▼
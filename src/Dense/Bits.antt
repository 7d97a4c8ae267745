-- ===== src/Dense/Bits.antt =====
-- Bitmaps as lists of bits: a model of the bitmap operations on which concrete runs compute.
use bitstar.Roaring.{Ascending}
use bitstar.Base.{
  ℕ, zero, suc, ◌+◌, ◌≤◌, ◌<◌, ◌≡◌, refl, ap, ◌∙◌, Bool, true, false, not, ◌&&◌, ◌||◌, List, [],
  ◌∷◌, map, Option, none, some, arith, ltb, ◌==◌, any, elem, if◌then◌else◌,
}

abbrev pub Bits : Type 0
Bits = List Bool

unfoldable pub contains : Bits → ℕ → Bool
contains [] i = false
contains (b ∷ bs) zero = b
contains (b ∷ bs) (suc i) = contains bs i

unfoldable pub add : Bits → ℕ → Bits
add [] zero = true ∷ []
add [] (suc i) = false ∷ add [] i
add (b ∷ bs) zero = true ∷ bs
add (b ∷ bs) (suc i) = b ∷ add bs i

unfoldable pub remove : Bits → ℕ → Bits
remove [] i = []
remove (b ∷ bs) zero = false ∷ bs
remove (b ∷ bs) (suc i) = b ∷ remove bs i

-- The operation bit by bit; missing bits are clear.
unfoldable pub zip_bits : (Bool → Bool → Bool) → Bits → Bits → Bits
zip_bits f [] ys = map (f false) ys
zip_bits f (x ∷ xs) [] = f x false ∷ zip_bits f xs []
zip_bits f (x ∷ xs) (y ∷ ys) = f x y ∷ zip_bits f xs ys

unfoldable pub tabulate : ℕ → (ℕ → Bool) → Bits
tabulate zero p = []
tabulate (suc n) p = p 0 ∷ tabulate n (λ i. p (suc i))

unfoldable pub positions : ℕ → Bits → List ℕ
positions k [] = []
positions k (b ∷ bs) = let rest = positions (suc k) bs in if b then k ∷ rest else rest

unfoldable pub is_empty : Bits → Bool
is_empty [] = true
is_empty (b ∷ bs) = not b && is_empty bs

unfoldable pub union : List Bits → Bits
unfolding zip_bits
union [] = []
union (b ∷ bs) = zip_bits (λ x y. x || y) b (union bs)

unfoldable pub add_many : Bits → List ℕ → Bits
unfolding add
add_many b [] = b
add_many b (i ∷ ids) = add_many (add b i) ids

pub contains-add : (b : Bits) (i c : ℕ) → contains (add b i) c ≡ (c == i || contains b c)
unfolding contains add
contains-add [] zero zero = refl
contains-add [] zero (suc c) = ground arith
contains-add [] (suc i) zero = ground arith
contains-add [] (suc i) (suc c) = ground (arith, contains-add [] i c)
contains-add (b ∷ bs) zero zero = refl
contains-add (b ∷ bs) zero (suc c) = ground arith
contains-add (b ∷ bs) (suc i) zero = ground arith
contains-add (b ∷ bs) (suc i) (suc c) = ground (arith, contains-add bs i c)

pub contains-add_many :
    (b : Bits) (ids : List ℕ) (c : ℕ) → contains (add_many b ids) c ≡ (elem c ids || contains b c)
unfolding add_many
contains-add_many b [] c = refl
contains-add_many b (i ∷ ids) c =
    ground (arith, contains-add_many (add b i) ids c, contains-add b i c)

pub contains-remove :
    (b : Bits) (i c : ℕ) → contains (remove b i) c ≡ (not (c == i) && contains b c)
unfolding contains remove
contains-remove [] i c = ground arith
contains-remove (b ∷ bs) zero zero = refl
contains-remove (b ∷ bs) zero (suc c) = ground arith
contains-remove (b ∷ bs) (suc i) zero = ground arith
contains-remove (b ∷ bs) (suc i) (suc c) = ground (arith, contains-remove bs i c)

contains-map :
    (f : Bool → Bool) (xs : Bits) (c : ℕ)
    → f false ≡ false
    → contains (map f xs) c ≡ f (contains xs c)
unfolding contains
contains-map f [] c h = ground arith
contains-map f (x ∷ xs) zero h = refl
contains-map f (x ∷ xs) (suc c) h = contains-map f xs c h

pub contains-zip_bits :
    (f : Bool → Bool → Bool) (xs ys : Bits) (c : ℕ)
    → f false false ≡ false
    → contains (zip_bits f xs ys) c ≡ f (contains xs c) (contains ys c)
unfolding contains zip_bits
contains-zip_bits f [] ys c h = contains-map (f false) ys c h
contains-zip_bits f (x ∷ xs) [] zero h = refl
contains-zip_bits f (x ∷ xs) [] (suc c) h = contains-zip_bits f xs [] c h
contains-zip_bits f (x ∷ xs) (y ∷ ys) zero h = refl
contains-zip_bits f (x ∷ xs) (y ∷ ys) (suc c) h = contains-zip_bits f xs ys c h

pub contains-tabulate :
    (n : ℕ) (p : ℕ → Bool) (c : ℕ) → contains (tabulate n p) c ≡ (p c && ltb c n)
unfolding contains tabulate
contains-tabulate zero p c = ground arith
contains-tabulate (suc n) p zero = ground arith
contains-tabulate (suc n) p (suc c) = ground (arith, contains-tabulate n (λ i. p (suc i)) c)

pub contains-union : (bs : List Bits) (c : ℕ) → contains (union bs) c ≡ any (λ b. contains b c) bs
unfolding union
contains-union [] c = unfold contains in refl
contains-union (b ∷ bs) c =
    contains-zip_bits (λ x y. x || y) b (union bs) c refl
    ∙ ap (λ t. contains b c || t) (contains-union bs c)

pub contains_of_empty : (b : Bits) (c : ℕ) → is_empty b ≡ true → contains b c ≡ false
unfolding contains is_empty
contains_of_empty [] c h = refl
contains_of_empty (b ∷ bs) zero h = ground arith
contains_of_empty (b ∷ bs) (suc c) h = ground (arith, contains_of_empty bs c)

pub empty_of_contains : (b : Bits) → ((c : ℕ) → contains b c ≡ false) → is_empty b ≡ true
unfolding contains is_empty
empty_of_contains [] h = refl
empty_of_contains (b ∷ bs) h = ground (arith, h 0, empty_of_contains bs (λ c. h (suc c)))

elem-positions_below : (k : ℕ) (b : Bits) (c : ℕ) → c < k → elem c (positions k b) ≡ false
unfolding positions
elem-positions_below k [] c h = refl
elem-positions_below k (true ∷ bs) c h = ground (arith, elem-positions_below (suc k) bs c)
elem-positions_below k (false ∷ bs) c h = elem-positions_below (suc k) bs c (omega arith)

-- The positions from `k` on are those of the set bits.
elem-positions : (k i : ℕ) (b : Bits) (c : ℕ) → c ≡ k + i → elem c (positions k b) ≡ contains b i
unfolding contains positions
elem-positions k i [] c e = refl
elem-positions k zero (true ∷ bs) c e = ground arith
elem-positions k zero (false ∷ bs) c e = elem-positions_below (suc k) bs c (omega arith)
elem-positions k (suc i) (true ∷ bs) c e = ground (arith, elem-positions (suc k) i bs c)
elem-positions k (suc i) (false ∷ bs) c e = elem-positions (suc k) i bs c (omega arith)

pub elem-to_array : (b : Bits) (c : ℕ) → elem c (positions 0 b) ≡ contains b c
elem-to_array b c = elem-positions 0 c b c (omega arith)

-- The list is ascending and starts at `k` or above.
abbrev From : ℕ → List ℕ → Type 0
From k [] = Unit
From k (x ∷ xs) = (k ≤ x) × From (suc x) xs

From-weaken : (j k : ℕ) (xs : List ℕ) → j ≤ k → From k xs → From j xs
From-weaken j k [] h f = tt
From-weaken j k (x ∷ xs) h f = (omega arith, f.1)

positions-From : (k : ℕ) (b : Bits) → From k (positions k b)
unfolding positions
positions-From k [] = tt
positions-From k (true ∷ bs) = (omega arith, positions-From (suc k) bs)
positions-From k (false ∷ bs) =
    From-weaken k (suc k) (positions (suc k) bs) (omega arith) (positions-From (suc k) bs)

From-Ascending : (k : ℕ) (xs : List ℕ) → From k xs → Ascending xs
From-Ascending k [] f = tt
From-Ascending k (x ∷ []) f = tt
From-Ascending k (x ∷ y ∷ xs) f = (f.1.0, From-Ascending (suc x) (y ∷ xs) f.1)

pub positions-Ascending : (b : Bits) → Ascending (positions 0 b)
positions-Ascending b = From-Ascending 0 (positions 0 b) (positions-From 0 b)

-- A byte for each bit behind a header byte.
unfoldable pub to_bytes : Bits → List ℕ
to_bytes bs = 7 ∷ map (λ b. if b then 1 else 0) bs

unfoldable pub of_bytes : List ℕ → Option Bits
of_bytes [] = none
of_bytes (h ∷ ds) = if h == 7 then some (map (λ d. d == 1) ds) else none

map-round : (bs : Bits) → map (λ d. d == 1) (map (λ b. if b then 1 else 0) bs) ≡ bs
map-round [] = refl
map-round (true ∷ bs) = ap (λ t. true ∷ t) (map-round bs)
map-round (false ∷ bs) = ap (λ t. false ∷ t) (map-round bs)

pub of_bytes-to_bytes : (b : Bits) → of_bytes (to_bytes b) ≡ some b
unfolding to_bytes of_bytes
of_bytes-to_bytes b = ap some (map-round b)
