-- ===== src/Dense.antt =====
-- Lists of bits satisfy every law of the bitmap interface, and runs on them compute.
pub mod Bits
use bitstar.Base.{
  refl, [], zero, suc, false, ◌<◌, ◌||◌, ◌&&◌, not, differ, length, some, ltb, leb, ℕ, ◌≡◌, ◌∙◌, ap,
  List, arith, any,
}
use bitstar.Roaring.{Roaring}
use Bits.{
  add_many, contains-add_many, zip_bits, tabulate, positions, contains, union, to_bytes,
  contains-zip_bits, contains-tabulate, contains-union, contains-add, contains-remove,
  contains_of_empty, empty_of_contains, elem-to_array, positions-Ascending, of_bytes-to_bytes,
  of_bytes,
}

pub contains-nil : (c : ℕ) → contains [] c ≡ false
contains-nil zero = unfold contains in refl
contains-nil (suc c) = unfold contains in refl

pub contains-add_range :
    (b : Bits.Bits) (lo hi c : ℕ)
    → contains (zip_bits (λ x y. x || y) (tabulate hi (leb lo)) b) c
      ≡ (leb lo c && ltb c hi || contains b c)
contains-add_range b lo hi c =
    contains-zip_bits (λ x y. x || y) (tabulate hi (leb lo)) b c refl
    ∙ ap (λ t. t || contains b c) (contains-tabulate hi (leb lo) c)

pub unmarshal-marshal :
    (b : Bits.Bits) (d : List ℕ)
    → some (to_bytes b) ≡ some d
    → (b' : Bits.Bits) × (of_bytes d ≡ some b')
      × ((c : ℕ) → contains b' c ≡ contains b c)
      × (0 < length d)
unmarshal-marshal b d e =
    let same_bytes : to_bytes b ≡ d = cc in
    (
      b,
      rw (← same_bytes) (of_bytes-to_bytes b),
      λ c. refl,
      rw (← same_bytes) (unfold to_bytes in omega arith),
    )

abbrev pub dense : Roaring
dense = record {
  Bitmap = Bits.Bits;
  contains = Bits.contains;
  new = [];
  add = Bits.add;
  remove = Bits.remove;
  add_many = add_many;
  add_range = λ b lo hi. zip_bits (λ x y. x || y) (tabulate hi (leb lo)) b;
  or = zip_bits (λ x y. x || y);
  and = zip_bits (λ x y. x && y);
  and_not = zip_bits (λ x y. x && not y);
  xor = zip_bits differ;
  par_or = union;
  is_empty = Bits.is_empty;
  cardinality = λ b. length (positions 0 b);
  and_cardinality = λ a b. length (positions 0 (zip_bits (λ x y. x && y) a b));
  to_array = positions 0;
  run_optimize = λ b. b;
  marshal_binary = λ b. some (to_bytes b);
  unmarshal_binary = of_bytes;
  contains-new = contains-nil;
  contains-add = contains-add;
  contains-remove = contains-remove;
  contains-add_many = contains-add_many;
  contains-add_range = contains-add_range;
  contains-or = λ a b c. contains-zip_bits (λ x y. x || y) a b c refl;
  contains-and = λ a b c. contains-zip_bits (λ x y. x && y) a b c refl;
  contains-and_not = λ a b c. contains-zip_bits (λ x y. x && not y) a b c refl;
  contains-xor = λ a b c. contains-zip_bits differ a b c refl;
  contains-par_or = contains-union;
  contains_of_empty = contains_of_empty;
  empty_of_contains = empty_of_contains;
  elem-to_array = elem-to_array;
  to_array-Ascending = positions-Ascending;
  cardinality-to_array = λ b. refl;
  and_cardinality-and = λ a b. refl;
  contains-run_optimize = λ b c. refl;
  unmarshal-marshal = unmarshal-marshal;
}
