-- ===== src/Examples.antt =====
-- The theorems at concrete inputs: small indexes over lists of bits, a few keys, events and workers.
mod Slices
mod Workers
mod Merges
mod Iterators
mod Coding
mod Orders
mod Filters
mod Promises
▲
* _Instructions for the task_: Restate word for word only the lines above from the line containing "unfolding contains remove" to the line containing "contains_of_empty (b ∷ bs) (suc", both of them included.

* _Answer section_:
unfolding contains remove
contains-remove [] i c = ground arith
contains-remove (b ∷ bs) zero zero = refl
contains-remove (b ∷ bs) zero (suc c) = ground arith
contains-remove (b ∷ bs) (suc i) zero = ground arith
contains-remove (b ∷ bs) (suc i) (suc c) = ground (arith, contains-remove bs i c)

contains-map :
    (f : Bool → Bool) (xs : Bits) (c : ℕ)
    → f false ≡ false
    → contains (map f xs) c ≡ f (contains xs c)
unfolding contains
contains-map f [] c h = ground arith
contains-map f (x ∷ xs) zero h = refl
contains-map f (x ∷ xs) (suc c) h = contains-map f xs c h

pub contains-zip_bits :
    (f : Bool → Bool → Bool) (xs ys : Bits) (c : ℕ)
    → f false false ≡ false
    → contains (zip_bits f xs ys) c ≡ f (contains xs c) (contains ys c)
unfolding contains zip_bits
contains-zip_bits f [] ys c h = contains-map (f false) ys c h
contains-zip_bits f (x ∷ xs) [] zero h = refl
contains-zip_bits f (x ∷ xs) [] (suc c) h = contains-zip_bits f xs [] c h
contains-zip_bits f (x ∷ xs) (y ∷ ys) zero h = refl
contains-zip_bits f (x ∷ xs) (y ∷ ys) (suc c) h = contains-zip_bits f xs ys c h

pub contains-tabulate :
    (n : ℕ) (p : ℕ → Bool) (c : ℕ) → contains (tabulate n p) c ≡ (p c && ltb c n)
unfolding contains tabulate
contains-tabulate zero p c = ground arith
contains-tabulate (suc n) p zero = ground arith
contains-tabulate (suc n) p (suc c) = ground (arith, contains-tabulate n (λ i. p (suc i)) c)

pub contains-union : (bs : List Bits) (c : ℕ) → contains (union bs) c ≡ any (λ b. contains b c) bs
unfolding union
contains-union [] c = unfold contains in refl
contains-union (b ∷ bs) c =
    contains-zip_bits (λ x y. x || y) b (union bs) c refl
    ∙ ap (λ t. contains b c || t) (contains-union bs c)

pub contains_of_empty : (b : Bits) (c : ℕ) → is_empty b ≡ true → contains b c ≡ false
unfolding contains is_empty
contains_of_empty [] c h = refl
contains_of_empty (b ∷ bs) zero h = ground arith
contains_of_empty (b ∷ bs) (suc c) h = ground (arith, contains_of_empty bs c)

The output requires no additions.